[Source data]
'''
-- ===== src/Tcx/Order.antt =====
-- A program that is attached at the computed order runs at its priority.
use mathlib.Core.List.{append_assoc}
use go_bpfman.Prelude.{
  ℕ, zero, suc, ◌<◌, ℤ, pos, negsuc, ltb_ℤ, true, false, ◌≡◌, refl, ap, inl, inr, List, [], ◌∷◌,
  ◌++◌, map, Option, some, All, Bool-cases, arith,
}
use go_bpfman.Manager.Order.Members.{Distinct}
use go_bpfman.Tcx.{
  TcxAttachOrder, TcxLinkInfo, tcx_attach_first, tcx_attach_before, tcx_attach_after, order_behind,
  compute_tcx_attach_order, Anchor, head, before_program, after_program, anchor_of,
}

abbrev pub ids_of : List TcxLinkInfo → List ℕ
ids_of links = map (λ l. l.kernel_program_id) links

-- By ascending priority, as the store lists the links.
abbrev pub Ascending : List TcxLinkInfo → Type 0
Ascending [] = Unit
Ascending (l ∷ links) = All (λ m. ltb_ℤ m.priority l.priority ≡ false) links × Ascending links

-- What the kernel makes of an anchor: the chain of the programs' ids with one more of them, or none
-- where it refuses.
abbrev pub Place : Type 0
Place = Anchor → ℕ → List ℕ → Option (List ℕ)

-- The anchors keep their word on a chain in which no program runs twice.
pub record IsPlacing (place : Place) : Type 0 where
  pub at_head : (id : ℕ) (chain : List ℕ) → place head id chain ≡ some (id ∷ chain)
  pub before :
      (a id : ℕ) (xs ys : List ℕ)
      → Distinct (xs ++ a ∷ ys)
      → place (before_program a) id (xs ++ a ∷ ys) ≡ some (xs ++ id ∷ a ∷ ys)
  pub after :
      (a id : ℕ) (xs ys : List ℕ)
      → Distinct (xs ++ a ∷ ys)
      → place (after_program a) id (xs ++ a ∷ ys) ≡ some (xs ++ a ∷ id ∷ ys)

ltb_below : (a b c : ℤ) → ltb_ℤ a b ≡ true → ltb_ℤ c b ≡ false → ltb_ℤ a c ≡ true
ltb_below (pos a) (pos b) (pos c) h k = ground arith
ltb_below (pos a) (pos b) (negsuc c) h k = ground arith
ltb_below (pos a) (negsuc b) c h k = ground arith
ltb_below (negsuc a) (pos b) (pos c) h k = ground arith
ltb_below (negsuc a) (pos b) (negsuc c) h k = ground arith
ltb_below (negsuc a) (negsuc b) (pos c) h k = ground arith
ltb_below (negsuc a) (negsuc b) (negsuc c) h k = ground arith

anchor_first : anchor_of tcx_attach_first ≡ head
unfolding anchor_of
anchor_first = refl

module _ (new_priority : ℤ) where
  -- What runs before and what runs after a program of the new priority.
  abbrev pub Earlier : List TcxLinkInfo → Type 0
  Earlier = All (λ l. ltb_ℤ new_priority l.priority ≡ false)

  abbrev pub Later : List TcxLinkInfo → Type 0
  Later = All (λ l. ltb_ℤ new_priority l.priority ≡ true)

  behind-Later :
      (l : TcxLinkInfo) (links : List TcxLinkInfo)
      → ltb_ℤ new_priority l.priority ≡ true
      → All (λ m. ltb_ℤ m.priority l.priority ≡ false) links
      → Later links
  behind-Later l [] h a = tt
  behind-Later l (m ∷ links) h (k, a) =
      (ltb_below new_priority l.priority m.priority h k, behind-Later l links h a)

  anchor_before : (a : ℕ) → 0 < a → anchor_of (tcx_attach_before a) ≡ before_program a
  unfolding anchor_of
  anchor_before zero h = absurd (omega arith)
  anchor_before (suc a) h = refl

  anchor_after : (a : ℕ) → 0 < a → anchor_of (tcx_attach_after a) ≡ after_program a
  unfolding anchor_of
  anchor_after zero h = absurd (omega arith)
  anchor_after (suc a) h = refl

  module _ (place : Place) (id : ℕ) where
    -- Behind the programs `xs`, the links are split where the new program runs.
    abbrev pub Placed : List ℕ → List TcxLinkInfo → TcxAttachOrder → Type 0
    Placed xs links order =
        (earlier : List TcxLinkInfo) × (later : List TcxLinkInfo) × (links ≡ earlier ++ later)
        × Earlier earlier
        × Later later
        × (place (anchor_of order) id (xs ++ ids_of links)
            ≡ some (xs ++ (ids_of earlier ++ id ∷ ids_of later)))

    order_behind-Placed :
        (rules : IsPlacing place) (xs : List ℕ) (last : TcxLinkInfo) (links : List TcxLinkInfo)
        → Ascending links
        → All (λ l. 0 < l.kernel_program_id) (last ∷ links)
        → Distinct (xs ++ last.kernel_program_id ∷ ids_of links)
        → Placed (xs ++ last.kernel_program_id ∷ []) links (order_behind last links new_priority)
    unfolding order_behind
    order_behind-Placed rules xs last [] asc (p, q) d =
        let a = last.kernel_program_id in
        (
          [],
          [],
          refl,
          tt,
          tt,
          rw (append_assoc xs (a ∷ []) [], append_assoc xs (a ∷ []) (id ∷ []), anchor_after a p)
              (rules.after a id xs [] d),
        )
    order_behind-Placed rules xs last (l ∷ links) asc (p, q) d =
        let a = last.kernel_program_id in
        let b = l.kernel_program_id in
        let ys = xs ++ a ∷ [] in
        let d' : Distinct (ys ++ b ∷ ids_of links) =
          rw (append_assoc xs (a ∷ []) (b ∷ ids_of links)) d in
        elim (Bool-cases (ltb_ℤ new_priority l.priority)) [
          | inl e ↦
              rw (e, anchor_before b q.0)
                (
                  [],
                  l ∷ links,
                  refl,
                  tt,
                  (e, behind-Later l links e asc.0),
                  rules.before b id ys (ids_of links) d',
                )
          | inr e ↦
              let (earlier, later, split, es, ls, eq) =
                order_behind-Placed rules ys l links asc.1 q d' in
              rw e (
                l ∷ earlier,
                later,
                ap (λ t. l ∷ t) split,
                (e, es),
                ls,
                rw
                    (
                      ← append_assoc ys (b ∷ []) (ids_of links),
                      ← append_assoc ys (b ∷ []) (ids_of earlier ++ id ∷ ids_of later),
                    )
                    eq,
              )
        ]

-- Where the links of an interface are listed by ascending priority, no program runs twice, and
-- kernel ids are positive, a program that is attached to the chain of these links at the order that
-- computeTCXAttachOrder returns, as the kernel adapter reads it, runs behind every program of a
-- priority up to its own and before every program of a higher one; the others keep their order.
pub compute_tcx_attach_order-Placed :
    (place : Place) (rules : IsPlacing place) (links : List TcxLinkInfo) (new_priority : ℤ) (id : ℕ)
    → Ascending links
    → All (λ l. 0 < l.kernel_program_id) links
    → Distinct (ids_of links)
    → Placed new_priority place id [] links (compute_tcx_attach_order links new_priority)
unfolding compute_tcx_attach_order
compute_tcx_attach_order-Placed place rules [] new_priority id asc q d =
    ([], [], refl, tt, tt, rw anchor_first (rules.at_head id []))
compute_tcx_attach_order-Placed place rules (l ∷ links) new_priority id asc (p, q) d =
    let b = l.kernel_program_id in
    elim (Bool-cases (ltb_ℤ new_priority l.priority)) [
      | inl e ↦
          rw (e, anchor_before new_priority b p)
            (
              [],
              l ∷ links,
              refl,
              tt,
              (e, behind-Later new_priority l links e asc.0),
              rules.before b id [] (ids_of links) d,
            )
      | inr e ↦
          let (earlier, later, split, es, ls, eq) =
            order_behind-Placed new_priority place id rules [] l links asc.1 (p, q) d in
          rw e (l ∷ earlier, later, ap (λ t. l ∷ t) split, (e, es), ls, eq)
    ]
'''
'''
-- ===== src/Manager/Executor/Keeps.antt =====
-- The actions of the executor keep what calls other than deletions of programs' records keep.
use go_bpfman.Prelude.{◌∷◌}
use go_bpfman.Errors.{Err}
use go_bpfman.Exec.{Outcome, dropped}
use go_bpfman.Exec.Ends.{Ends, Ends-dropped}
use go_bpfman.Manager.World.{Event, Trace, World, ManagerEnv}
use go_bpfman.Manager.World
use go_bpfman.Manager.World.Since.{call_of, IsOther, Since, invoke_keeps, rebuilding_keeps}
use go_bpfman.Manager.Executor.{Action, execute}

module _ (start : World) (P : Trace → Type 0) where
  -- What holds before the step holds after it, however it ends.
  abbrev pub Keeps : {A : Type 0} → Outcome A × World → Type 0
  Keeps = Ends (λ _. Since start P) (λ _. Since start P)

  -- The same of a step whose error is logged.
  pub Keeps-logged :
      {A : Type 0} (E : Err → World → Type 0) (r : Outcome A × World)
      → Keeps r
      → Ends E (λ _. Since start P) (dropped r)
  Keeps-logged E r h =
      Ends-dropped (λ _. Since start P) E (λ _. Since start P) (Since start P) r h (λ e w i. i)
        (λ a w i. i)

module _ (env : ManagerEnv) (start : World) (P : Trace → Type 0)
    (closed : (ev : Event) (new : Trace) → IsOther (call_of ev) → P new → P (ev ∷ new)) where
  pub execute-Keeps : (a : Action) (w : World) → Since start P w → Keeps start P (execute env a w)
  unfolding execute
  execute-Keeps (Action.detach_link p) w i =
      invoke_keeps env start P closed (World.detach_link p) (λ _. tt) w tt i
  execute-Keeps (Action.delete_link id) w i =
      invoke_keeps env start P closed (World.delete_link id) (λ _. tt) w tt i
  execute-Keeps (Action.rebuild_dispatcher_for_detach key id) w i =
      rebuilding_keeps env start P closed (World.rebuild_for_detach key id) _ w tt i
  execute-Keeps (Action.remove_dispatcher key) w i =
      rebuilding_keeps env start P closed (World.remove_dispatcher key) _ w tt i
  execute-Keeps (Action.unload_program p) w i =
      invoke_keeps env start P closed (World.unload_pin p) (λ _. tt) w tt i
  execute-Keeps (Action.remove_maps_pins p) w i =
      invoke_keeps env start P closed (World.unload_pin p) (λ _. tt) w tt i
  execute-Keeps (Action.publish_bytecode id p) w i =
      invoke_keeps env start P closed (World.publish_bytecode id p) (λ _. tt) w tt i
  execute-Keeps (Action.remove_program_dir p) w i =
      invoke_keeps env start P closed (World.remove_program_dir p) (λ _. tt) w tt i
'''
_WORK INSTRUCTIONS:_
Only the lines with "IsOther" are needed; find them in the records and copy each one.

_ANSWER SECTION:_
use go_bpfman.Manager.World.Since.{call_of, IsOther, Since, invoke_keeps, rebuilding_keeps}
    (closed : (ev : Event) (new : Trace) → IsOther (call_of ev) → P new → P (ev ∷ new)) where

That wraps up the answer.